Craig from Citus here. There are a number of issues with one schema per tenant, the biggest one is that at a larger scale Postgres will mostly just not work anymore. Things like pg_dump start to fall over and while this has been improved some, there is still an upper limit somewhere between 1,000 and 10,000 tenants. Further having to then run schema migrations against all of them can be quite painful. There are tools that help on the schema migration front, but what we've seen is that again at scale things start to break. If you'll only ever have 100 customers then by schema can work for you.
Performance, management, SLA are some big issues with any "SQL as a service" project. How can you garuntee 1) disk utilization per tenant 2) CPU utilization per tenant and 3) transaction volume per tenant? Most simply, I don't believe you can, and we concluded it's simply not worth going down this path of shared, multi-tenant database (postgresql not withstanding, any RDBMs would have the same issues).
Our conclusion was that the only way to get the required level of management per tenant, and to support truly massive number of tenants, was to use an inprocess database over https ie SQLite and Apache. But, SQLite has an image problem, it's everywhere, and nowhere. It's built with some fundamentally different decisions than other databases, and isn't traditionally used for web applications.
So that's the course we took, links in my profile for more info.
> use an inprocess database over https ie SQLite and Apache
Why not, but you introduced a whole bunch of new issues. SQLite only supports a single writer at a time. This is a problem if you have a lot of users on the same tenant. This is also a problem when you need to create an index, for example, which is not a background operation.
Indeed there are trade offs, and high write applications are a weak spot of this approach.
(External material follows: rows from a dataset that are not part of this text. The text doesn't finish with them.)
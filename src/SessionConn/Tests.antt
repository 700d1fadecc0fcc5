-- ===== src/SessionConn/Tests.antt =====
-- A connection whose error texts are the code followed by the message.
use go_vnet.Base.{ℕ, ◌≡◌, refl, Option, none, some, List, [], ◌∷◌, ◌++◌, map, arith}
use go_vnet.SessionConn.{message, read_error, receive}
use go_vnet.SessionConn.Delivery.{send_all, receive_all, receive_all-send_all}

abbrev marshal : List ℕ × ℕ → List ℕ
marshal (msg, code) = code ∷ msg

abbrev unmarshal : List ℕ → Option (List ℕ × ℕ)
unmarshal [] = none
unmarshal (code ∷ msg) = some (msg, code)

cut_off : receive unmarshal (0 ∷ 0 ∷ 0 ∷ 0 ∷ 3 ∷ 7 ∷ 8 ∷ []) ≡ (read_error, [])
unfolding receive
cut_off = refl

abbrev three : List (List ℕ)
three = (7 ∷ 8 ∷ []) ∷ [] ∷ (9 ∷ []) ∷ []

receive_all-send_all_example :
    receive_all unmarshal 3 (send_all three ++ 5 ∷ []) ≡ (map message three, 5 ∷ [])
receive_all-send_all_example =
    receive_all-send_all unmarshal three (5 ∷ []) (omega arith, (omega arith, (omega arith, tt)))
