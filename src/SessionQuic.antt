-- ===== src/SessionQuic.antt =====
-- common/session/session_quic.go: messages on the datagrams of a QUIC connection. A message of more
-- than 990 bytes is sent in fragments, each behind a header. The map of partial messages is a list
-- of its entries. The connection is a parameter: which datagrams it accepts, and those that arrive.
pub mod Headers
pub mod Slots
pub mod Reassembly
pub mod Chunks
pub mod Delivery
mod Tests
use go_vnet.Base.{
  ℕ, zero, suc, ◌+◌, ◌-◌, ◌*◌, ◌/◌, ◌%◌, ◌^◌, Bool, true, false, Option, none, some, List, [], ◌∷◌,
  ◌++◌, length, take, drop, get_elem?, set, replicate, ltb, leb, ◌==◌, if◌then◌else◌, find, store,
  delete,
}
use go_vnet.Protocol.{put_uint16, uint16}
use go_vnet.SessionConn.{put_uint32, uint32}

abbrev pub max_datagram_size : ℕ
max_datagram_size = 1000

abbrev pub fragment_magic : ℕ
fragment_magic = 0xD0C0

pub record FragmentHeader : Type 0 where
  pub magic : ℕ
  pub message_id : ℕ
  pub fragment_index : ℕ
  pub fragment_count : ℕ

unfoldable pub encode : FragmentHeader → List ℕ
encode h =
    put_uint16 h.magic
    ++ put_uint32 h.message_id
    ++ put_uint16 h.fragment_index
    ++ put_uint16 h.fragment_count

-- the header and the rest; none is one of the three errors
unfoldable pub decode_fragment_header : List ℕ → Option (FragmentHeader × List ℕ)
decode_fragment_header buf =
    let magic = uint16 buf in
    let fragment_index = uint16 (drop 6 buf) in
    let fragment_count = uint16 (drop 8 buf) in
    if ltb (length buf) 10
    then none
    else if magic == fragment_magic
    then (if leb fragment_count fragment_index
        then none
        else some (
          record {
            magic = magic;
            message_id = uint32 (drop 2 buf);
            fragment_index = fragment_index;
            fragment_count = fragment_count;
          },
          drop 10 buf,
        ))
    else none

-- A fragment that has not arrived is none.
pub record PartialMessage : Type 0 where
  pub fragments : List (Option (List ℕ))
  pub received : ℕ

-- `messages`
abbrev pub Reassembler : Type 0
Reassembler = List (ℕ × PartialMessage)

unfoldable pub or_new : ℕ → Option PartialMessage → PartialMessage
or_new count (some m) = m
or_new count none = record { fragments = replicate count none; received = 0 }

-- the partial message of the header, a new one if there is none
unfoldable pub message_for : FragmentHeader → Reassembler → PartialMessage
message_for h r = or_new h.fragment_count (find h.message_id r)

unfoldable pub assemble : List (Option (List ℕ)) → List ℕ
assemble [] = []
assemble (none ∷ fragments) = assemble fragments
assemble (some fragment ∷ fragments) = fragment ++ assemble fragments

unfoldable pub is_missing : Option (Option (List ℕ)) → Bool
is_missing (some none) = true
is_missing (some (some fragment)) = false
is_missing none = false

unfoldable pub with_fragment : ℕ → List ℕ → PartialMessage → PartialMessage
with_fragment index buf m = record {
  fragments = set m.fragments index (some buf);
  received = (m.received + 1) % 2 ^ 16;
}

-- the new fragment of a message
unfoldable pub accept :
    FragmentHeader → PartialMessage → Reassembler → Reassembler × Option (List ℕ)
accept h m r =
    if m.received == h.fragment_count
    then (delete h.message_id r, some (assemble m.fragments))
    else (store h.message_id m r, none)

-- the fragment and the partial message it belongs to, which is stored before it is looked at
unfoldable pub add_to :
    FragmentHeader → List ℕ → PartialMessage → Reassembler → Reassembler × Option (List ℕ)
add_to h buf m r =
    let stored = store h.message_id m r in
    if length m.fragments == h.fragment_count
    then (if leb (length m.fragments) h.fragment_index
        then (stored, none)
        else if is_missing (get_elem? m.fragments h.fragment_index)
        then accept h (with_fragment h.fragment_index buf m) stored
        else (stored, none))
    else (delete h.message_id r, none)

unfoldable pub add_fragment : FragmentHeader → List ℕ → Reassembler → Reassembler × Option (List ℕ)
add_fragment h buf r = add_to h buf (message_for h r) r

unfoldable pub cleanup : Reassembler → Reassembler
cleanup r = []

-- `messageIDCounter`
unfoldable pub next_message_id : ℕ → ℕ
next_message_id counter = (counter + 1) % 2 ^ 32

abbrev pub max_payload_size : ℕ
max_payload_size = 990

unfoldable pub fragment_count_of : List ℕ → ℕ
fragment_count_of buf = (length buf + 989) / 990

-- `data[start:end]`
unfoldable pub fragment_data : List ℕ → ℕ → List ℕ
fragment_data buf i =
    let start = i * 990 in
    let stop = (if ltb (length buf) (start + 990) then length buf else start + 990) in
    take (stop - start) (drop start buf)

unfoldable pub datagram_of : List ℕ → ℕ → ℕ → ℕ → List ℕ
datagram_of buf id count i =
    encode (record {
      magic = fragment_magic;
      message_id = id;
      fragment_index = i;
      fragment_count = count;
    })
    ++ fragment_data buf i

-- the loop from a fragment on, for so many fragments: what is sent, and whether all are
unfoldable pub send_fragments : (List ℕ → Bool) → List ℕ → ℕ → ℕ → ℕ → ℕ → List (List ℕ) × Bool
send_fragments accepts buf id count i zero = ([], true)
send_fragments accepts buf id count i (suc n) =
    let more = send_fragments accepts buf id count (i + 1) n in
    if accepts (datagram_of buf id count i)
    then (datagram_of buf id count i ∷ more.0, more.1)
    else ([], false)

-- `Send`: the counter, the datagrams, and whether it succeeds
unfoldable pub send_message : (List ℕ → Bool) → ℕ → List ℕ → ℕ × List (List ℕ) × Bool
send_message accepts counter buf =
    let id = next_message_id counter in
    let count = fragment_count_of buf % 2 ^ 16 in
    let sent = send_fragments accepts buf id count 0 count in
    if leb (length buf) (max_datagram_size - 10)
    then (if accepts buf then (counter, buf ∷ [], true) else (counter, [], false))
    else (id, sent.0, sent.1)

-- A datagram without the header of a fragment is a message.
unfoldable pub receive_decoded :
    Reassembler → List ℕ → Option (FragmentHeader × List ℕ) → Reassembler × Option (List ℕ)
receive_decoded r datagram (some (h, payload)) = add_fragment h payload r
receive_decoded r datagram none = (r, some datagram)

-- one datagram of the loop of `Receive`
unfoldable pub receive_datagram : Reassembler → List ℕ → Reassembler × Option (List ℕ)
receive_datagram r datagram = receive_decoded r datagram (decode_fragment_header datagram)

-- The loop ends with a message.
unfoldable pub continue :
    Reassembler × Option (List ℕ)
    → List (List ℕ)
    → Reassembler × Option (List ℕ) × List (List ℕ)
    → Reassembler × Option (List ℕ) × List (List ℕ)
continue (r, some message) datagrams rest = (r, some message, datagrams)
continue (r, none) datagrams rest = rest

-- `Receive` on the datagrams that arrive: the message, and the datagrams that are left. Without a
-- message it ends with the error of `ReceiveDatagram`.
unfoldable pub receive_message :
    Reassembler → List (List ℕ) → Reassembler × Option (List ℕ) × List (List ℕ)
receive_message r [] = (r, none, [])
receive_message r (datagram ∷ datagrams) =
    let one = receive_datagram r datagram in
    continue one datagrams (receive_message one.0 datagrams)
But for low to medium write applications (ie most applications?), SQLite WAL [1] option performs really well. We implement application level caching via a X-Query-Cache header[2], in that case, you're serving directly from redis. This set up can scale really, really well.
One issue we had: pgdump performance was abysmal for dumping a single schema out of thousands.
We had to write a custom backup script to handle individual backups, taking advantage of the knowledge of our own database architecture (basically: we don't have to read the schema list and figure out relationships between them because we already know that).
If you read pgdump's source code, when doing the actual backup it uses postgres COPY command, so it was easy enough to write our custom exporter.
Also interested in this. I architected my system with a single multi-tenant db. My thinking was that it simplified things initially (less admin / backups / pooling etc) but it would be far easier to split into individual dbs later (than to combine).
We are a b2b product and we've picked up customers around the world. Now it seems like it might make sense to shard geographically. Is that common?
We shard geographically, with a single multi-tenant Postgres schema per geographical area.
You run into corner cases when a customer wants to operate into two distinct geographical areas, so basically you may have to maintain a central repository of tenants and, ultimately, under the hood, your tenant primary keys are not handled via local sequences.
I also have a database with schema per tenant. In the tenant code I set the schema. I like it and would like to see more information as well.
One issue, I think, is that it does not have full isolation and no easy sharding.
As sad by another commenter, I plan to distribute my schemas on multiple servers when neccessary, like the sharding approach.
My personal, recent experience is that my current startup's business model would be poorly served as a result.
You see I originally thought I was building a SaaS service, but it's actually turned out that my customers needed a two-sided network. A per-tenant schema would've been an painful impediment to making that paradigm shift.